Actually I would go as far as cutting the amount of SIMD to 10 if needed. Which looking at the rumors we have could mean that 2 SIMDs are include on the CPU die. Again it would possibly less optimal but looking at costs as the primary driver for the system...
Edit actually I could see them using GCN as Compute performance could be more relevant.
In which case, MSFT could end with something like that (I'm not pretending that it would have not impact on performance, I'm arguing it would have a reasonable impact):
1 ~185mm^2 chip including the GPU and the scratchpad memory.
2 80/90mm^2 chips including the 8 jaguar cores and the L2 and a 2 SIMD GPU.
Now along with DDR3 I could see MSFT pretty replace the existing 360 SKUs (may be not the arcade if they want the HDD to be standard which I would wish) with the new system keeping the pricing structure and subsiding the difference in BOM between those products.
To me the kind of specs were hear about Durango hints at a pretty aggressive pricing strategy.
Edit If IO are an issue and if it doable to connect 8GB to a 192 bit bus (looking at some pc shipping with bobcat APU so 64 bit bus along with 4 GB of RAM it should be doable) I would make that trade off too.
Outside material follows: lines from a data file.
-- ===== src/H2/Frame/Receive/Safety.antt =====
-- Which received frames the connection can panic on, from the header on.
use qhttp.Base.{
  ℕ, ◌≡◌, ◌≢◌, ◌≤◌, refl, Bool, true, List, [], ◌∷◌, some, arith, length, ok, panic, ◌>>=◌, inl,
  inr, take-length, ap, ◌∙◌, take, suc, ◌-◌, refuse_if, or_panic, ltb, slice, ◌>>◌, Option-cases,
  Result-cases,
}
use qhttp.H2.Error.{H2Result}
use qhttp.H2.Crates.{FrameType, Crates, flag_padded, flag_priority}
use qhttp.H2.Frame.{Frame}
use qhttp.H2.Frame.Wire.{
  FrameHeaderRaw, check_header, strip_padding, header_from_raw, from_header_and_payload,
  protocol_error,
}
use qhttp.H2.Frame.Receive.{Received, convert, receive}
use qhttp.H2.Frame.Receive.Conversions.{
  data-ne-panic, rst_stream-ne-panic, ping-ne-panic, go_away-ne-panic, settings-ne-panic,
  headers-ne-panic, headers_priority-ne-panic, priority-ne-panic, window_update-ne-panic,
}

module _ (lib : Crates) where
  abbrev framed : FrameType → ℕ → ℕ → List ℕ → Frame
  framed type flags stream payload = record {
    header = record { type = type; flags = flags; stream = stream };
    payload = payload;
  }

  -- From the header on, the rest of `receive`.
  abbrev finish : FrameType → ℕ → ℕ → List ℕ → H2Result Received
  finish type flags stream payload = do
    frame ← do
      (begin, end) ← strip_padding type (lib.flags.contains flags flag_padded) payload
      refuse_if (ltb end begin) protocol_error
      content ← or_panic (slice payload begin end)
      ok (framed type flags stream content)
    convert lib frame.header.type frame

  finish-data-ne-panic :
      (flags stream : ℕ) (payload : List ℕ)
      → finish FrameType.data_frame flags stream payload ≢ panic
  unfolding strip_padding convert
  finish-data-ne-panic flags stream [] =
      ground (arith, data-ne-panic lib (framed FrameType.data_frame flags stream []))
  finish-data-ne-panic flags stream (p ∷ rest) = ground (
    arith,
    take-length (p ∷ rest),
    data-ne-panic lib (framed FrameType.data_frame flags stream (p ∷ rest)),
    data-ne-panic lib
        (framed FrameType.data_frame flags stream (take (suc (length rest) - p - 1) rest)),
  )

  finish-headers-ne-panic :
      (flags stream : ℕ) (payload : List ℕ)
      → ¬ (
          (lib.flags.contains flags flag_padded ≡ true)
          × (lib.flags.contains flags flag_priority ≡ true))
      → (lib.flags.contains flags flag_priority ≡ true → 5 ≤ length payload)
      → finish FrameType.headers flags stream payload ≢ panic
  unfolding strip_padding convert
  finish-headers-ne-panic flags stream [] class fits = ground (
    arith,
    headers-ne-panic lib (framed FrameType.headers flags stream []),
    headers_priority-ne-panic lib (framed FrameType.headers flags stream []),
  )
  finish-headers-ne-panic flags stream (p ∷ rest) class fits =
      let stripped : List ℕ = take (suc (length rest) - p - 1) rest in
      ground (
        arith,
        take-length (p ∷ rest),
        headers-ne-panic lib (framed FrameType.headers flags stream (p ∷ rest)),
        headers-ne-panic lib (framed FrameType.headers flags stream stripped),
        headers_priority-ne-panic lib (framed FrameType.headers flags stream (p ∷ rest)),
      )

  check_header-ne-panic :
      (type : FrameType) (padded priority : Bool) (len stream : ℕ)
      → check_header type padded priority len stream ≢ panic
  unfolding check_header
  check_header-ne-panic FrameType.headers padded priority len stream = ground arith
  check_header-ne-panic type padded priority len stream = ground arith

  finish-ne-panic :
      (type : FrameType) (flags stream : ℕ) (payload : List ℕ)
      → check_header type
          (lib.flags.contains flags flag_padded)
          (lib.flags.contains flags flag_priority)
          (length payload)
          stream
        ≡ ok tt
      → ¬ (
          (type ≡ FrameType.headers)
          × (lib.flags.contains flags flag_padded ≡ true)
          × (lib.flags.contains flags flag_priority ≡ true))
      → finish type flags stream payload ≢ panic
  unfolding check_header strip_padding convert
  finish-ne-panic FrameType.data_frame flags stream payload c class =
      finish-data-ne-panic flags stream payload
  finish-ne-panic FrameType.headers flags stream payload c class =
      finish-headers-ne-panic flags stream payload (λ h. class (refl, h.0, h.1)) (ground arith)
  finish-ne-panic FrameType.push_promise flags stream payload c class = λ h. cc
  finish-ne-panic FrameType.continuation flags stream payload c class =
      ground (arith, take-length payload)
  finish-ne-panic FrameType.priority flags stream payload c class = ground (
    arith,
    take-length payload,
    priority-ne-panic (framed FrameType.priority flags stream payload),
  )
  finish-ne-panic FrameType.rst_stream flags stream payload c class = ground (
    arith,
    take-length payload,
    rst_stream-ne-panic lib (framed FrameType.rst_stream flags stream payload),
  )
  finish-ne-panic FrameType.settings flags stream payload c class = ground (
    arith,
    take-length payload,
    settings-ne-panic lib (framed FrameType.settings flags stream payload),
  )
  finish-ne-panic FrameType.ping flags stream payload c class =
      ground
        (arith, take-length payload, ping-ne-panic lib (framed FrameType.ping flags stream payload))
  finish-ne-panic FrameType.go_away flags stream payload c class = ground (
    arith,
    take-length payload,
    go_away-ne-panic lib (framed FrameType.go_away flags stream payload),
  )
  finish-ne-panic FrameType.window_update flags stream payload c class = ground (
    arith,
    take-length payload,
    window_update-ne-panic (framed FrameType.window_update flags stream payload),
  )

  -- The class of frames that may panic: HEADERS with padding and a priority.
  abbrev pub PaddedPriority : FrameHeaderRaw → Type 0
  PaddedPriority raw =
      (lib.frame_type.from raw.type ≡ some FrameType.headers)
      × (lib.flags.contains (lib.flags.from_bits_truncate raw.flags) flag_padded ≡ true)
      × (lib.flags.contains (lib.flags.from_bits_truncate raw.flags) flag_priority ≡ true)

  -- Whatever the header and the payload of the announced length are, the frame is converted or
  -- refused without a panic, unless it is a HEADERS frame with padding and a priority.
  pub receive-ne-panic :
      (raw : FrameHeaderRaw) (payload : List ℕ)
      → length payload ≡ raw.length
      → ¬ PaddedPriority raw
      → receive lib raw payload ≢ panic
  unfolding receive from_header_and_payload header_from_raw
  receive-ne-panic raw payload len class = elim (Option-cases (lib.frame_type.from raw.type)) [
    | inl e ↦ rw e (λ h. cc)
    | inr (type, e) ↦
        let flags : ℕ = lib.flags.from_bits_truncate raw.flags in
        let padded : Bool = lib.flags.contains flags flag_padded in
        let priority : Bool = lib.flags.contains flags flag_priority in
        elim (Result-cases (check_header type padded priority raw.length raw.stream)
          (check_header-ne-panic type padded priority raw.length raw.stream)) [
            | inl (done, c) ↦
                rw (e, c)
                  (finish-ne-panic type flags raw.stream payload (rw len c)
                    (λ h. class (e ∙ ap some h.0, h.1, h.2)))
            | inr (error, c) ↦ rw (e, c) (λ h. cc)
          ]
  ]
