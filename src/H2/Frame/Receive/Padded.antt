-- ===== src/H2/Frame/Receive/Padded.antt =====
-- HEADERS frames with padding and a priority: the conversion looks for the priority at bytes 8 to 13
-- of a payload from which the padding was already stripped.
use qhttp.Base.{ℕ, suc, ◌-◌, ◌≡◌, ◌≢◌, ◌≤◌, ◌<◌, List, ◌∷◌, arith, length, length-take, panic}
use qhttp.H2.Crates.{Crates}
use qhttp.H2.Frame.Headers
use qhttp.H2.Frame.Wire.{
  FrameHeaderRaw, check_header, strip_padding, header_from_raw, from_header_and_payload,
}
use qhttp.H2.Frame.Receive.{convert, receive}
use qhttp.H2.Frame.Receive.Safety.{PaddedPriority}

-- Every such frame that is legal, and whose padding leaves less than 13 bytes, panics the
-- connection's task.
pub receive-PaddedPriority :
    (lib : Crates) (raw : FrameHeaderRaw) (padding : ℕ) (rest : List ℕ)
    → PaddedPriority lib raw
    → raw.stream ≢ 0
    → raw.length ≡ suc (length rest)
    → 6 ≤ raw.length
    → padding < raw.length
    → length rest - padding < 13
    → receive lib raw (padding ∷ rest) ≡ panic
unfolding receive from_header_and_payload header_from_raw check_header strip_padding convert
    Headers.try_from
receive-PaddedPriority lib raw padding rest class s len min fits short =
    ground (arith, length-take (suc (length rest) - padding - 1) rest)
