-- ===== src/H2/Frame/Settings/RoundTrip.antt =====
-- A SETTINGS frame is read back as it was written.
use qhttp.Base.{
  ℕ, ◌≡◌, refl, sym, ap, subst, ◌∙◌, Bool, true, false, List, [], ◌++◌, append-nil, Option, none,
  some, arith, ◌<◌, ◌^◌, ◌⊎◌, inl, inr, if◌then◌else◌, ok, ◌>>=◌, IsU32,
}
use qhttp.Base.U16
use qhttp.Base.U32
use qhttp.H2.Crates.{FrameType, SettingsIdent, ident_number, Crates, flag_ack}
use qhttp.H2.Settings.{SettingsFrame}
use qhttp.H2.Frame.Settings.{
  default_frame, store_setting, chunks_exact_6, setting_bytes, push_value, read_setting,
  read_settings, try_from, into_frame,
}

abbrev FitsU32 : Option ℕ → Type 0
FitsU32 none = Unit
FitsU32 (some n) = IsU32 n

-- Every number of the frame is a `u32`.
pub record IsWritable (f : SettingsFrame) : Type 0 where
  pub header_table_size : FitsU32 f.header_table_size
  pub max_concurrent_streams : FitsU32 f.max_concurrent_streams
  pub initial_window_size : FitsU32 f.initial_window_size
  pub max_frame_size : FitsU32 f.max_frame_size
  pub max_header_list_size : FitsU32 f.max_header_list_size

ident_number-IsU16 : (ident : SettingsIdent) → ident_number ident < 2 ^ 16
ident_number-IsU16 ident = ground arith

module _ (lib : Crates) where
  -- One setting on the wire is one round of the loop.
  read-setting_bytes :
      (s : SettingsFrame) (ident : SettingsIdent) (value : ℕ) (rest : List ℕ)
      → IsU32 value
      → read_settings lib s (chunks_exact_6 (setting_bytes ident (some value) ++ rest))
        ≡ (store_setting s ident value >>= λ s'. read_settings lib s' (chunks_exact_6 rest))
  unfolding read_settings read_setting
  read-setting_bytes s ident value rest h = rw (
    U16.be_bytes_value (ident_number ident) (ident_number-IsU16 ident),
    lib.settings_ident.from-number ident,
    U32.be_bytes_value value h,
  )

  read-header_table_size :
      (s : SettingsFrame) (o : Option ℕ) (rest : List ℕ)
      → FitsU32 o
      → read_settings lib
          (record s { header_table_size = none })
          (chunks_exact_6 (setting_bytes SettingsIdent.header_table_size o ++ rest))
        ≡ read_settings lib (record s { header_table_size = o }) (chunks_exact_6 rest)
  unfolding store_setting
  read-header_table_size s none rest h = refl
  read-header_table_size s (some value) rest h =
      read-setting_bytes (record s { header_table_size = none }) SettingsIdent.header_table_size
        value rest h

  read-max_concurrent_streams :
      (s : SettingsFrame) (o : Option ℕ) (rest : List ℕ)
      → FitsU32 o
      → read_settings lib
          (record s { max_concurrent_streams = none })
          (chunks_exact_6 (setting_bytes SettingsIdent.max_concurrent_streams o ++ rest))
        ≡ read_settings lib (record s { max_concurrent_streams = o }) (chunks_exact_6 rest)
  unfolding store_setting
  read-max_concurrent_streams s none rest h = refl
  read-max_concurrent_streams s (some value) rest h =
      read-setting_bytes (record s { max_concurrent_streams = none })
        SettingsIdent.max_concurrent_streams value rest h

  read-initial_window_size :
      (s : SettingsFrame) (o : Option ℕ) (rest : List ℕ)
      → FitsU32 o
      → read_settings lib
          (record s { initial_window_size = none })
          (chunks_exact_6 (setting_bytes SettingsIdent.initial_window_size o ++ rest))
        ≡ read_settings lib (record s { initial_window_size = o }) (chunks_exact_6 rest)
  unfolding store_setting
  read-initial_window_size s none rest h = refl
  read-initial_window_size s (some value) rest h =
      read-setting_bytes (record s { initial_window_size = none }) SettingsIdent.initial_window_size
        value rest h

  read-max_frame_size :
      (s : SettingsFrame) (o : Option ℕ) (rest : List ℕ)
      → FitsU32 o
      → read_settings lib
          (record s { max_frame_size = none })
          (chunks_exact_6 (setting_bytes SettingsIdent.max_frame_size o ++ rest))
        ≡ read_settings lib (record s { max_frame_size = o }) (chunks_exact_6 rest)
  unfolding store_setting
  read-max_frame_size s none rest h = refl
  read-max_frame_size s (some value) rest h =
      read-setting_bytes (record s { max_frame_size = none }) SettingsIdent.max_frame_size value
        rest h

  read-max_header_list_size :
      (s : SettingsFrame) (o : Option ℕ) (rest : List ℕ)
      → FitsU32 o
      → read_settings lib
          (record s { max_header_list_size = none })
          (chunks_exact_6 (setting_bytes SettingsIdent.max_header_list_size o ++ rest))
        ≡ read_settings lib (record s { max_header_list_size = o }) (chunks_exact_6 rest)
  unfolding store_setting
  read-max_header_list_size s none rest h = refl
  read-max_header_list_size s (some value) rest h =
      read-setting_bytes (record s { max_header_list_size = none })
        SettingsIdent.max_header_list_size value rest h

  read-enable_push :
      (s : SettingsFrame) (o : Option Bool) (rest : List ℕ)
      → read_settings lib
          (record s { enable_push = none })
          (chunks_exact_6 (setting_bytes SettingsIdent.enable_push (push_value o) ++ rest))
        ≡ read_settings lib (record s { enable_push = o }) (chunks_exact_6 rest)
  unfolding store_setting
  read-enable_push s none rest = refl
  read-enable_push s (some true) rest =
      read-setting_bytes (record s { enable_push = none }) SettingsIdent.enable_push 1 rest
        (omega arith)
  read-enable_push s (some false) rest =
      read-setting_bytes (record s { enable_push = none }) SettingsIdent.enable_push 0 rest
        (omega arith)

  read_settings-nil : (s : SettingsFrame) → read_settings lib s [] ≡ ok s
  unfolding read_settings
  read_settings-nil s = refl

  -- The whole payload of a frame that is no acknowledgement.
  read-payload :
      (f : SettingsFrame)
      → IsWritable f
      → f.ack ≡ false
      → read_settings lib default_frame (chunks_exact_6 (into_frame lib f).payload) ≡ ok f
  unfolding into_frame
  read-payload f w a =
      read-header_table_size default_frame f.header_table_size _ w.header_table_size
      ∙ read-enable_push (record default_frame { header_table_size = f.header_table_size })
          f.enable_push _
      ∙ read-max_concurrent_streams
          (record f {
            ack = false;
            initial_window_size = none;
            max_frame_size = none;
            max_header_list_size = none;
          })
          f.max_concurrent_streams _ w.max_concurrent_streams
      ∙ read-initial_window_size
          (record f { ack = false; max_frame_size = none; max_header_list_size = none })
          f.initial_window_size _ w.initial_window_size
      ∙ read-max_frame_size (record f { ack = false; max_header_list_size = none }) f.max_frame_size
          _ w.max_frame_size
      ∙ ap
          (λ (bytes : List ℕ).
            read_settings lib (record f { ack = false; max_header_list_size = none })
              (chunks_exact_6 bytes))
          (sym
            (append-nil (setting_bytes SettingsIdent.max_header_list_size f.max_header_list_size)))
      ∙ read-max_header_list_size (record f { ack = false }) f.max_header_list_size []
          w.max_header_list_size
      ∙ (read_settings-nil (record f { ack = false })
          ∙ ap (λ (b : Bool). ok (record f { ack = b })) (sym a))

  flags_of_frame :
      (f : SettingsFrame)
      → ((into_frame lib f).header.flags ≡ (if f.ack then lib.flags.union 0 flag_ack else 0))
        × ((into_frame lib f).header.type ≡ FrameType.settings)
  unfolding into_frame
  flags_of_frame f = (refl, refl)

  contains-ack :
      (ack : Bool)
      → lib.flags.contains (if ack then lib.flags.union 0 flag_ack else 0) flag_ack ≡ ack
  contains-ack true = rw (lib.flags.union_lem 0 1, lib.flags.contains_lem 1 1)
  contains-ack false = lib.flags.contains_lem 0 1

  try_from-ack :
      try_from lib (into_frame lib (record default_frame { ack = true }))
      ≡ ok (record default_frame { ack = true })
  unfolding try_from into_frame
  try_from-ack = rw (contains-ack true)

  -- A SETTINGS frame that the server writes is read back as it was, if its numbers are `u32`s and
  -- an acknowledgement carries no setting.
  pub try_from-into_frame_settings :
      (f : SettingsFrame)
      → IsWritable f
      → (f.ack ≡ false) ⊎ (f ≡ record default_frame { ack = true })
      → try_from lib (into_frame lib f) ≡ ok f
  unfolding try_from
  try_from-into_frame_settings f w (inl a) =
      ground (arith, flags_of_frame f, contains-ack f.ack, read-payload f w a)
  try_from-into_frame_settings f w (inr e) =
      subst (λ (g : SettingsFrame). try_from lib (into_frame lib g) ≡ ok g) (sym e) try_from-ack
Definitely looking at the GPU (# of ROPS and ALUs and the amount of bandwidth the scratchpad is supposed to provide) it is unclear to which extend a lesser amount of bandwidth to the main RAM would alter performances /+60GB/s sounds a bit over kill
Edit 2 None of that efforts/arbitrations may have been needed depending on the actual size of the scratchpad + move engines still it could impact IO.